Dear Margaret, your post was very, very special to me because I have a Sister who I treasure soooo much!!! I'll make sure to tell my Sister how special she is to me. Thank you for a beautiful post. Happy Mother's Day!
Marcela

Coastal Sisters said...

I have a sister that I love very much too so I know how special that bond is. Your post touched my heart. What a lovely tribute to your sister.

Happy Mother's Day,
LuLu~*xoxo

Denise said...

Thinking of you and thought I would come by and say hey!

Praying that you have a good week and that the joy of the memories you have of your sister fills your heart to overflowing........

Lori said...

what a beautiful tribute to your sister...it sounds as if you had a very loving and special bond...i'm sorry that she cannot be with you now...your post really touched my heart:)

Sara's Sweet Surprise said...

Your tender words were so touching.
My only sis lives in So.Cal I'm in the state of Washington.
We talk many hours on the phone, but due to my health issues I can't travel home and due to her finances she doesn't get to visit here much.
The bond that sisters share is incredible.
It goes beyond time and space. The precious memories we create are what lives on in our hearts forever. I hope you find joy and comfort in your cherished memories.

Sweet wishes,
Sara

Lynn said...

Margaret, what a lovely and moving story. I don't have the capacity to say anything more. Bless you. Lynn

Suzy's Vintage Attic said...

Hello Margaret
Thnak you so much for your kind and good wishes for Larry. They meant a lot to me.
I have been behind with blogging and finally have some time now. Reading your latest post filled me with sadness for your deep losses. It was very moving to read. It must have been so hard to bear. You have a very special bond with a sister. It is very hard knowing that one of your loved ones is going to die. When it happens you are still not really prepared for it. You sounded very close and I am so very sure that your sister knows how much you love her. You will be reunited with your sister one day as I will with my first baby daughter Emily who died 10 years ago. Somehow we do get through these things but we never forget. I will pray for you Margaret. Your dutchman sounds like a wonderful man and he arrived in your life just when you needed him most.
Take care
Isabelle x

Michelle (Shell) May said...

Margaret this is an incredible story. I'm still crying. What a wonderful sister you had. What a wonderful sister you were to her.
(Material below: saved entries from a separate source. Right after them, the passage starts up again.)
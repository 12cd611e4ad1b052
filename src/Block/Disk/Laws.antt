-- ===== src/Block/Disk/Laws.antt =====
-- What the disk operations of src/linux_subsystem/block/block.c make of a disk's state.
use mathlib.Core.Option
use kobox.Prelude.{
  ==_refl, Bool, Bool-cases, ap, arith, false, inl, inr, pos, refl, some, true, ℕ, ◌==◌, ◌∙◌, ◌≡◌,
  ◌≢◌,
}
use kobox.Keyed
use kobox.Block.State.{Block, DiskState, disk_state_for, with_disk, fresh_disk}
use kobox.Block.State.Laws.{disk_state_for-with_disk}
use kobox.Block.Disk.{
  disk_state_create, disk_alloc, disk_attach, disk_register, disk_set_capacity, disk_set_io,
}

pub disk_state_for-disk_alloc :
    (disk : ℕ) (got_node : Bool) (b : Block)
    → (disk_alloc disk got_node b).0 ≢ 0
    → ((disk_alloc disk got_node b).0 ≡ disk)
      × (disk_state_for (disk_alloc disk got_node b).1 disk
          ≡ some (fresh_disk disk b.next_disk_number))
unfolding disk_alloc disk_state_create disk_state_for Keyed.find
disk_state_for-disk_alloc disk true b h = elim (Bool-cases (disk == 0)) [
  | inl e ↦ absurd (h (rw (disk_alloc, e) refl))
  | inr e ↦ rw (disk_alloc, e, ==_refl disk) (refl, refl)
]
disk_state_for-disk_alloc disk false b h = absurd (h (ground arith))

found-with_disk :
    (disk : ℕ) (f : DiskState → DiskState) (b : Block) {s : DiskState}
    → ((x : DiskState) → (f x).disk ≡ x.disk)
    → disk_state_for b disk ≡ some s
    → disk_state_for (with_disk disk f b) disk ≡ some (f s)
found-with_disk disk f b keeps h = disk_state_for-with_disk disk f b keeps ∙ ap (Option.map f) h

module _ (disk : ℕ) (b : Block) {s : DiskState} (h : disk_state_for b disk ≡ some s) where
  pub disk_state_for-disk_attach :
      (queue part0 : ℕ)
      → (queue == 0) ≡ false
      → (part0 == 0) ≡ false
      → ((disk_attach disk queue part0 b).0 ≡ pos 0)
        × (disk_state_for (disk_attach disk queue part0 b).1 disk
            ≡ some (record s { queue = queue; part0 = part0 }))
  unfolding disk_attach
  disk_state_for-disk_attach queue part0 q p =
      rw (disk_attach, h, q, p)
        (
          refl,
          found-with_disk disk (λ x. record x { queue = queue; part0 = part0 }) b (λ x. refl) h,
        )

  pub disk_state_for-disk_register :
      (parent groups : ℕ)
      → ((disk_register parent disk groups b).0 ≡ pos 0)
        × (disk_state_for (disk_register parent disk groups b).1 disk
            ≡ some (record s { parent = parent; groups = groups; registered = 1 }))
  unfolding disk_register
  disk_state_for-disk_register parent groups =
      rw (disk_register, h)
        (
          refl,
          found-with_disk disk (λ x. record x { parent = parent; groups = groups; registered = 1 })
              b (λ x. refl) h,
        )

  pub disk_state_for-disk_set_capacity :
      (sectors : ℕ)
      → disk_state_for (disk_set_capacity disk sectors b) disk
        ≡ some (record s { capacity_sectors = sectors })
  unfolding disk_set_capacity
  disk_state_for-disk_set_capacity sectors =
      found-with_disk disk (λ x. record x { capacity_sectors = sectors }) b (λ x. refl) h

  pub disk_state_for-disk_set_io :
      (ctx read_fn write_fn : ℕ)
      → disk_state_for (disk_set_io disk ctx read_fn write_fn b) disk
        ≡ some (record s { io_ctx = ctx; read_fn = read_fn; write_fn = write_fn })
  unfolding disk_set_io
  disk_state_for-disk_set_io ctx read_fn write_fn =
      found-with_disk disk (λ x. record x { io_ctx = ctx; read_fn = read_fn; write_fn = write_fn })
        b (λ x. refl) h

-- A disk operation leaves the queues as they are.
module _ (disk : ℕ) (b : Block) where
  pub queues-disk_attach : (queue part0 : ℕ) → (disk_attach disk queue part0 b).1.queues ≡ b.queues
  unfolding disk_attach with_disk
  queues-disk_attach queue part0 = ground arith

  pub queues-disk_register :
      (parent groups : ℕ) → (disk_register parent disk groups b).1.queues ≡ b.queues
  unfolding disk_register with_disk
  queues-disk_register parent groups = ground arith

  pub queues-disk_set_capacity :
      (sectors : ℕ) → (disk_set_capacity disk sectors b).queues ≡ b.queues
  unfolding disk_set_capacity with_disk
  queues-disk_set_capacity sectors = ground arith

  pub queues-disk_set_io :
      (ctx read_fn write_fn : ℕ) → (disk_set_io disk ctx read_fn write_fn b).queues ≡ b.queues
  unfolding disk_set_io with_disk
  queues-disk_set_io ctx read_fn write_fn = ground arith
I know your sister is smiling down on you knowing that you are happy, you are creating, you have a wonderful husband and family and you love her.
Best wishes for a Happy Mothers Day.
Shell

The Spirit of Abundance said...

Dear Margaret,

Reading your wonderful tribute to your beloved sister Karen gave me the goose bumps (I still have them), and put a lump in my throat! The unconditional love that you two shared, the amazing memories you made together, are very very special!!

I cannot say that I know how you feel, only that I can imagine, 'cause nobody can completely.... but what I can say is that I do know what it's like to lose someone dear that you love with all your heart, and also in this case - to cancer.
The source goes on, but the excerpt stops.